Cantonese opera practitioners commonly refer to him as "Master Huaguang" (华光师傅). Some opera organizations and temples maintain shrines dedicated to Huaguang.

== In Journey to the South ==
Huaguang Dadi is the protagonist of the 17th-century Ming dynasty novel Journey to the South (南遊記). In the novel, Huaguang is originally a fire spirit named Miaojixiang (妙吉祥). After receiving teachings from Tathāgata Buddha, he obtains supernatural abilities. However, after killing Duhuo Gui during a Buddhist assembly, he comes into conflict with Tathāgata. He is later reborn as Ma Lingguan (馬靈官), the son of the deity of Mount Ma'er. Because of his divine origin, he is born with three eyes and is also known as Sanyan Lingguan (三眼靈官). Ma Lingguan later dies after attempting to obtain Ziwei Dadi's golden lance, after which Miaole Tianzun (妙樂天尊) arranges his rebirth as the son of Douniugong Tianwang.

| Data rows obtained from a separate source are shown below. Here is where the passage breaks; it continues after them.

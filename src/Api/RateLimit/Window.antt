-- ===== src/Api/RateLimit/Window.antt =====
-- The rate limit over any window of a minute, for src/api/middleware/rate_limit.py.
use agentic_engineering_url.Prelude.{
  ℕ, ◌+◌, ◌≤◌, ◌<◌, String, ◌≡◌, refl, sym, subst, ◌↔◌, inl, inr, false, ◌&&◌, List, [], ◌∷◌, ◌++◌,
  arith, ◌==◌, eq_refl, leb, if◌then◌else◌, eq→≡, Bool-cases, length, All, All-append, All-map,
}
use mathlib.Core.List.{append-nil, append_assoc}
use agentic_engineering_url.Sql.{count}
use agentic_engineering_url.Sql.Laws.{count-append, count_mono, count_of_none}
use agentic_engineering_url.Api.RateLimit.{
  window, limit_per_minute, Buckets, reset_all, Request, limited, client_ip, is_exempt, prune,
  set_bucket, dispatch, Admission, entry, admissions, serve,
}
use agentic_engineering_url.Api.RateLimit.Bucket.{
  prune-prune, length-prune-append_new, prune-All, All-prune,
}

-- The admissions of a client that are at most a window old.
abbrev pub recent : String → ℕ → List Admission → ℕ
recent client now = count (λ a. (a.client == client) && leb now (a.time + window))

-- The admissions of a client in the window that begins at `start`.
abbrev pub in_window : String → ℕ → List Admission → ℕ
in_window client start =
    count (λ a. (a.client == client) && (leb start a.time && leb a.time (start + window)))

-- Requests come in the order of their times, from `last` on.
abbrev pub IsOrdered : ℕ → List Request → Type 0
IsOrdered last [] = Unit
IsOrdered last (r ∷ rs) = (last ≤ r.time) × IsOrdered r.time rs

-- A client's bucket is what was admitted of it in the last window, whenever that is asked, and no
-- window has had more than the limit.
pub record IsFaithful (client : String) (last : ℕ) (log : List Admission) (bucket : List ℕ)
    : Type 0 where
  pub past : All (λ a. a.time ≤ last) log
  pub old : All (λ t. t ≤ last) bucket
  pub same : (now : ℕ) → last ≤ now → length (prune now bucket) ≡ recent client now log
  pub capped : (start : ℕ) → in_window client start log ≤ limit_per_minute

later-IsFaithful :
    (client : String) (last now : ℕ) (log : List Admission) (bucket : List ℕ)
    → last ≤ now
    → IsFaithful client last log bucket
    → IsFaithful client now log bucket
later-IsFaithful client last now log bucket h f = record {
  past = All-map log (λ a k. omega arith) f.past;
  old = All-map bucket (λ t k. omega arith) f.old;
  same = λ later k. f.same later (omega arith);
  capped = f.capped;
}

prune-IsFaithful :
    (client : String) (now : ℕ) (log : List Admission) (bucket : List ℕ)
    → IsFaithful client now log bucket
    → IsFaithful client now log (prune now bucket)
prune-IsFaithful client now log bucket f = record {
  past = f.past;
  old = All-prune _ now bucket f.old;
  same = λ later k. rw (prune-prune now later bucket k) (f.same later k);
  capped = f.capped;
}

abbrev admission : String → ℕ → List Admission
admission client now = record { client = client; time = now } ∷ []

recent-append :
    (client c : String) (now t : ℕ) (log : List Admission)
    → recent client now (log ++ admission c t)
      ≡ recent client now log + (if (c == client) && leb now (t + window) then 1 else 0)
unfolding count
recent-append client c now t log = count-append _ log (admission c t)

in_window-append :
    (client c : String) (start t : ℕ) (log : List Admission)
    → in_window client start (log ++ admission c t)
      ≡ in_window client start log
        + (if (c == client) && (leb start t && leb t (start + window)) then 1 else 0)
unfolding count
in_window-append client c start t log = count-append _ log (admission c t)

-- What a window that reaches the present holds is recent.
in_window-le-recent :
    (client : String) (start now : ℕ) (log : List Admission)
    → now ≤ start + window
    → in_window client start log ≤ recent client now log
in_window-le-recent client start now log h = count_mono _ _ (λ a t. ground arith) log

admit_other :
    (client c : String) (now : ℕ) (log : List Admission) (bucket : List ℕ)
    → (c == client) ≡ false
    → IsFaithful client now log bucket
    → IsFaithful client now (log ++ admission c now) bucket
admit_other client c now log bucket ne f = record {
  past = All-append _ log (admission c now) f.past (omega arith, tt);
  old = f.old;
  same = λ later k. ground (arith, f.same later k, recent-append client c later now log);
  capped = λ start. ground (arith, f.capped start, in_window-append client c start now log);
}

-- The bucket with a new time in it, at a later moment.
same-admit :
    (client : String) (now : ℕ) (log : List Admission) (bucket : List ℕ)
    → IsFaithful client now log bucket
    → (later : ℕ) → now ≤ later
    → length (prune later (prune now bucket ++ now ∷ []))
      ≡ recent client later (log ++ admission client now)
same-admit client now log bucket f later k = elim (Bool-cases (leb later (now + window))) [
  | inl e ↦ ground (
    arith,
    length-prune-append_new later now (prune now bucket),
    prune-prune now later bucket k,
    f.same later k,
    recent-append client client later now log,
    eq_refl client,
  )
  | inr e ↦
      let none_left : prune later (prune now bucket ++ now ∷ []) ≡ [] = prune-All later _ (
        All-append _ (prune now bucket) (now ∷ [])
          (All-map (prune now bucket) (λ t o. ground arith) (All-prune _ now bucket f.old))
          (ground arith, tt)) in
      let none_recent : recent client later log ≡ 0 =
        count_of_none _ log (All-map log (λ a o. ground arith) f.past) in
      rw none_left (ground (arith, none_recent, recent-append client client later now log))
]

admit_self :
    (client : String) (now : ℕ) (log : List Admission) (bucket : List ℕ)
    → length (prune now bucket) < limit_per_minute
    → IsFaithful client now log bucket
    → IsFaithful client now (log ++ admission client now) (prune now bucket ++ now ∷ [])
admit_self client now log bucket room f = record {
  past = All-append _ log (admission client now) f.past (omega arith, tt);
  old = All-append _ (prune now bucket) (now ∷ []) (All-prune _ now bucket f.old) (omega arith, tt);
  same = same-admit client now log bucket f;
  capped = λ start. ground (
    arith,
    f.capped start,
    in_window-append client client start now log,
    in_window-le-recent client start now log,
    f.same now (omega arith),
  );
}

-- The bucket of the request's client is pruned, and every other left alone.
step_limited :
    (client c : String) (now : ℕ) (log : List Admission) (buckets : Buckets)
    → IsFaithful client now log (buckets client)
    → IsFaithful client now log (set_bucket buckets c (prune now (buckets c)) client)
step_limited client c now log buckets f = elim (Bool-cases (c == client)) [
  | inl e ↦ rw e (
      subst (λ x. IsFaithful client now log (prune now (buckets x))) (sym (eq→≡ c client e))
        (prune-IsFaithful client now log (buckets client) f))
  | inr e ↦ rw e f
]

step_admitted :
    (client c : String) (now : ℕ) (log : List Admission) (buckets : Buckets)
    → length (prune now (buckets c)) < limit_per_minute
    → IsFaithful client now log (buckets client)
    → IsFaithful client now
        (log ++ admission c now)
        (set_bucket buckets c (prune now (buckets c) ++ now ∷ []) client)
step_admitted client c now log buckets room f = elim (Bool-cases (c == client)) [
  | inl e ↦ rw e (
      subst
        (λ x.
          length (prune now (buckets x)) < limit_per_minute
          → IsFaithful client now (log ++ admission x now) (prune now (buckets x) ++ now ∷ []))
        (sym (eq→≡ c client e)) (λ room'. admit_self client now log (buckets client) room' f) room)
  | inr e ↦ rw e (admit_other client c now log (buckets client) e f)
]

-- One request keeps every client's bucket faithful.
step-IsFaithful :
    (client : String) (last : ℕ) (log : List Admission) (buckets : Buckets) (r : Request)
    → last ≤ r.time
    → IsFaithful client last log (buckets client)
    → let (buckets', verdict) = dispatch r buckets in
      IsFaithful client r.time (log ++ entry r verdict) (buckets' client)
unfolding dispatch
step-IsFaithful client last log buckets r h f =
    let f' = later-IsFaithful client last r.time log (buckets client) h f in
    elim (Bool-cases (is_exempt r.path)) [
      | inl e ↦ rw (e, append-nil) f'
      | inr e ↦
          rw e
            (elim (Bool-cases
              (leb limit_per_minute (length (prune r.time (buckets (client_ip r)))))) [
                | inl full ↦
                    rw (full, append-nil) (step_limited client (client_ip r) r.time log buckets f')
                | inr room ↦
                    rw room
                      (step_admitted client (client_ip r) r.time log buckets (ground arith) f')
              ])
    ]

-- The time of the last request of a run.
abbrev pub end_of : ℕ → List Request → ℕ
end_of last [] = last
end_of last (r ∷ rs) = end_of r.time rs

run-IsFaithful :
    (client : String) (last : ℕ) (log : List Admission) (rs : List Request) (buckets : Buckets)
    → IsOrdered last rs
    → IsFaithful client last log (buckets client)
    → IsFaithful client (end_of last rs) (log ++ admissions rs buckets) (serve rs buckets client)
unfolding admissions serve
run-IsFaithful client last log [] buckets o f = rw append-nil f
run-IsFaithful client last log (r ∷ rs) buckets o f = rw (← append_assoc) (
    run-IsFaithful client r.time (log ++ entry r (dispatch r buckets).1) rs (dispatch r buckets).0
      o.1 (step-IsFaithful client last log buckets r o.0 f))

reset-IsFaithful : (client : String) → IsFaithful client 0 [] []
unfolding prune count
reset-IsFaithful client = record {
  past = tt;
  old = tt;
  same = λ now h. refl;
  capped = λ start. omega arith;
}

module _ (rs : List Request) (ordered : IsOrdered 0 rs) where
  -- From empty buckets, with requests in the order of their times, no client has more than 60
  -- requests admitted in any window of a minute.
  pub no_window_over_limit :
      (client : String) (start : ℕ) → in_window client start (admissions rs reset_all) ≤ 60
  no_window_over_limit client =
      (run-IsFaithful client 0 [] rs reset_all ordered (reset-IsFaithful client)).capped

  -- From empty buckets, after requests in the order of their times, a request that is no earlier
  -- and not exempt is refused exactly when its client had at least 60 requests admitted in the
  -- minute before it.
  pub limited_iff :
      (r : Request)
      → end_of 0 rs ≤ r.time
      → is_exempt r.path ≡ false
      → ((dispatch r (serve rs reset_all)).1 ≡ limited)
        ↔ (60 ≤ recent (client_ip r) r.time (admissions rs reset_all))
  unfolding dispatch
  limited_iff r h e =
      let same =
        (run-IsFaithful (client_ip r) 0 [] rs reset_all ordered
            (reset-IsFaithful (client_ip r))).same
          r.time h in
      ground (arith, same)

After receiving instruction from Miaole Tianzun, Huaguang continues his cultivation and acquires magical weapons, including the Three-Cornered Golden Brick. The Jade Emperor later appoints him as the Great Marshal of the Troops and Horses of the Ministry of Fire. During his service in Heaven, Huaguang causes disturbances in the celestial court, including damaging the Heavenly Mirror and setting fire to the Southern Heavenly Gate. His rebellion is eventually suppressed by Xuantian Shangdi.

Huaguang is later reincarnated again as the son of Madam Xiao. In this part of the novel, his mother becomes possessed by a demon and is sent to Hell. Huaguang travels to the underworld to rescue her and encounters various supernatural figures, including Nezha. During his journey, he loses his Three-Cornered Golden Brick and obtains another weapon, the Golden Pagoda, from Yuhuan Shengmu (玉環聖母). He later marries Princess Iron Fan after defeating her in battle.

At the conclusion of the novel, Huaguang rescues his mother and obtains the Queen Mother of the West's Peaches of Immortality to restore her condition. The Jade Emperor forgives him and restores his position as a heavenly marshal.